### EXERCISE
Entries follow. Give back exactly the lines starting at the one containing "x a).asker ≤ steps_left x" and ending at the one containing "steps_left-run ms (step O id within drops_reply_to", and no other lines.

● ● ●

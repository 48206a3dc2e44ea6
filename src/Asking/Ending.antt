-- ===== src/Asking/Ending.antt =====
-- tellus/src/actor_ref.rs, `ask`: the asker, once the time is over.
use tellus.Prelude.{ℕ, ◌+◌, ◌-◌, ◌≤◌, ◌≡◌, refl, ap, ◌∙◌, Bool, true, false, List, [], ◌∷◌, arith}
use tellus.Backoff.{Duration}
use tellus.Actor.{ActorId}
use tellus.Oneshot.{Oneshot, Polled, pending, ready, closed}
use tellus.Asking.{
  Asker, waiting, at_clock, dropping, resolved, given_up, gives_up, give_up, ReplyTo, held, replied,
  dropped, Asking, Move, replies, drops_reply_to, polled, send_reply, drop_reply_to, resolve,
  poll_reply, poll_clock, poll_asker, step, run,
}

-- How many steps are left of a poll that starts or goes on once the time is over.
abbrev pub steps_left : {R : Type 0} → Asker R → ℕ
steps_left waiting = 3
steps_left at_clock = 2
steps_left (dropping r) = 1
steps_left (resolved r) = 0
steps_left given_up = 0

pub steps_left-le : {R : Type 0} (x : Asker R) → steps_left x ≤ 3
steps_left-le waiting = omega arith
steps_left-le at_clock = omega arith
steps_left-le (dropping r) = omega arith
steps_left-le (resolved r) = omega arith
steps_left-le given_up = omega arith

module _ {R : Type 0} (O : Oneshot R) (id : ActorId) (within : Duration) where
  -- Moves that come once the time is over, and how many of them are the asker's.
  abbrev pub TimeIsOver : List (Move O id within) → Type 0
  TimeIsOver [] = Unit
  TimeIsOver (replies r ∷ ms) = TimeIsOver ms
  TimeIsOver (drops_reply_to ∷ ms) = TimeIsOver ms
  TimeIsOver (polled over ∷ ms) = (over ≡ true) × TimeIsOver ms
  TimeIsOver (gives_up ∷ ms) = TimeIsOver ms

  abbrev pub asker_steps : List (Move O id within) → ℕ
  asker_steps [] = 0
  asker_steps (replies r ∷ ms) = asker_steps ms
  asker_steps (drops_reply_to ∷ ms) = asker_steps ms
  asker_steps (polled over ∷ ms) = 1 + asker_steps ms
  asker_steps (gives_up ∷ ms) = asker_steps ms

  asker-send_reply :
      (r : R) (t : ReplyTo R) (a : Asking O id within)
      → (send_reply O id within r t a).asker ≡ a.asker
  unfolding send_reply
  asker-send_reply r held a = refl
  asker-send_reply r (replied y) a = refl
  asker-send_reply r dropped a = refl

  asker-drop_reply_to :
      (t : ReplyTo R) (a : Asking O id within) → (drop_reply_to O id within t a).asker ≡ a.asker
  unfolding drop_reply_to
  asker-drop_reply_to held a = refl
  asker-drop_reply_to (replied y) a = refl
  asker-drop_reply_to dropped a = refl

  steps_left-poll_reply :
      (p : Polled R) (a : Asking O id within) → steps_left (poll_reply O id within p a).asker ≤ 2
  unfolding poll_reply
  steps_left-poll_reply (ready r) a = omega arith
  steps_left-poll_reply closed a = omega arith
  steps_left-poll_reply pending a = omega arith

  -- A step of the asker once the time is over.
  steps_left-poll_asker :
      (x : Asker R) (a : Asking O id within)
      → x ≡ a.asker
      → steps_left (poll_asker O id within x true a).asker ≤ steps_left x - 1
  unfolding poll_asker
  steps_left-poll_asker waiting a e = steps_left-poll_reply (O.poll a.channel) a
  steps_left-poll_asker at_clock a e = unfold poll_clock in (omega arith)
  steps_left-poll_asker (dropping r) a e = unfold resolve in (omega arith)
  steps_left-poll_asker (resolved r) a e = omega (arith, ap steps_left e)
  steps_left-poll_asker given_up a e = omega (arith, ap steps_left e)

  steps_left-give_up :
      (x : Asker R) (a : Asking O id within)
      → x ≡ a.asker
      → steps_left (give_up O id within x a).asker ≤ steps_left x
  unfolding give_up
  steps_left-give_up waiting a e = omega arith
  steps_left-give_up at_clock a e = omega (arith, ap steps_left e)
  steps_left-give_up (dropping r) a e = omega (arith, ap steps_left e)
  steps_left-give_up (resolved r) a e = omega (arith, ap steps_left e)
  steps_left-give_up given_up a e = omega (arith, ap steps_left e)

  pub steps_left-run :
      (ms : List (Move O id within)) (a : Asking O id within)
      → TimeIsOver ms
      → steps_left (run O id within ms a).asker ≤ steps_left a.asker - asker_steps ms
  unfolding step
  steps_left-run [] a over = omega arith
  steps_left-run (replies r ∷ ms) a over = omega (
    arith,
    steps_left-run ms (step O id within (replies r) a) over,
    ap steps_left (asker-send_reply r a.responder a),
  )
  steps_left-run (drops_reply_to ∷ ms) a over = omega (
    arith,
    steps_left-run ms (step O id within drops_reply_to a) over,
    ap steps_left (asker-drop_reply_to a.responder a),
  )
  steps_left-run (polled true ∷ ms) a (e, over) = omega (
    arith,
    steps_left-run ms (step O id within (polled true) a) over,
    steps_left-poll_asker a.asker a refl,
  )
  steps_left-run (polled false ∷ ms) a (e, over) = absurd (cc e)
  steps_left-run (gives_up ∷ ms) a over = omega (
    arith,
    steps_left-run ms (step O id within gives_up a) over,
    steps_left-give_up a.asker a refl,
  )

  -- What an asker has in the end stays.
  asker-poll_asker :
      (x : Asker R) (over : Bool) (a : Asking O id within)
      → x ≡ a.asker
      → steps_left x ≡ 0
      → (poll_asker O id within x over a).asker ≡ a.asker
  unfolding poll_asker
  asker-poll_asker waiting over a e h = absurd (omega (arith, h))
  asker-poll_asker at_clock over a e h = absurd (omega (arith, h))
  asker-poll_asker (dropping r) over a e h = absurd (omega (arith, h))
  asker-poll_asker (resolved r) over a e h = refl
  asker-poll_asker given_up over a e h = refl

  asker-give_up :
      (x : Asker R) (a : Asking O id within)
      → steps_left x ≡ 0
      → (give_up O id within x a).asker ≡ a.asker
  unfolding give_up
  asker-give_up waiting a h = absurd (omega (arith, h))
  asker-give_up at_clock a h = refl
  asker-give_up (dropping r) a h = refl
  asker-give_up (resolved r) a h = refl
  asker-give_up given_up a h = refl

  asker-step :
      (m : Move O id within) (a : Asking O id within)
      → steps_left a.asker ≡ 0
      → (step O id within m a).asker ≡ a.asker
  unfolding step
  asker-step (replies r) a h = asker-send_reply r a.responder a
  asker-step drops_reply_to a h = asker-drop_reply_to a.responder a
  asker-step (polled over) a h = asker-poll_asker a.asker over a refl h
  asker-step gives_up a h = asker-give_up a.asker a h

  pub asker-run :
      (ms : List (Move O id within)) (a : Asking O id within)
      → steps_left a.asker ≡ 0
      → (run O id within ms a).asker ≡ a.asker
  asker-run [] a h = refl
  asker-run (m ∷ ms) a h =
      let same = asker-step m a h in
      asker-run ms (step O id within m a) (ap steps_left same ∙ h) ∙ same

● ● ●

### SOLVED EXERCISE
      → steps_left (give_up O id within x a).asker ≤ steps_left x
  unfolding give_up
  steps_left-give_up waiting a e = omega arith
  steps_left-give_up at_clock a e = omega (arith, ap steps_left e)
  steps_left-give_up (dropping r) a e = omega (arith, ap steps_left e)
  steps_left-give_up (resolved r) a e = omega (arith, ap steps_left e)
  steps_left-give_up given_up a e = omega (arith, ap steps_left e)

  pub steps_left-run :
      (ms : List (Move O id within)) (a : Asking O id within)
      → TimeIsOver ms
      → steps_left (run O id within ms a).asker ≤ steps_left a.asker - asker_steps ms
  unfolding step
  steps_left-run [] a over = omega arith
  steps_left-run (replies r ∷ ms) a over = omega (
    arith,
    steps_left-run ms (step O id within (replies r) a) over,
    ap steps_left (asker-send_reply r a.responder a),
  )
  steps_left-run (drops_reply_to ∷ ms) a over = omega (
    arith,
    steps_left-run ms (step O id within drops_reply_to a) over,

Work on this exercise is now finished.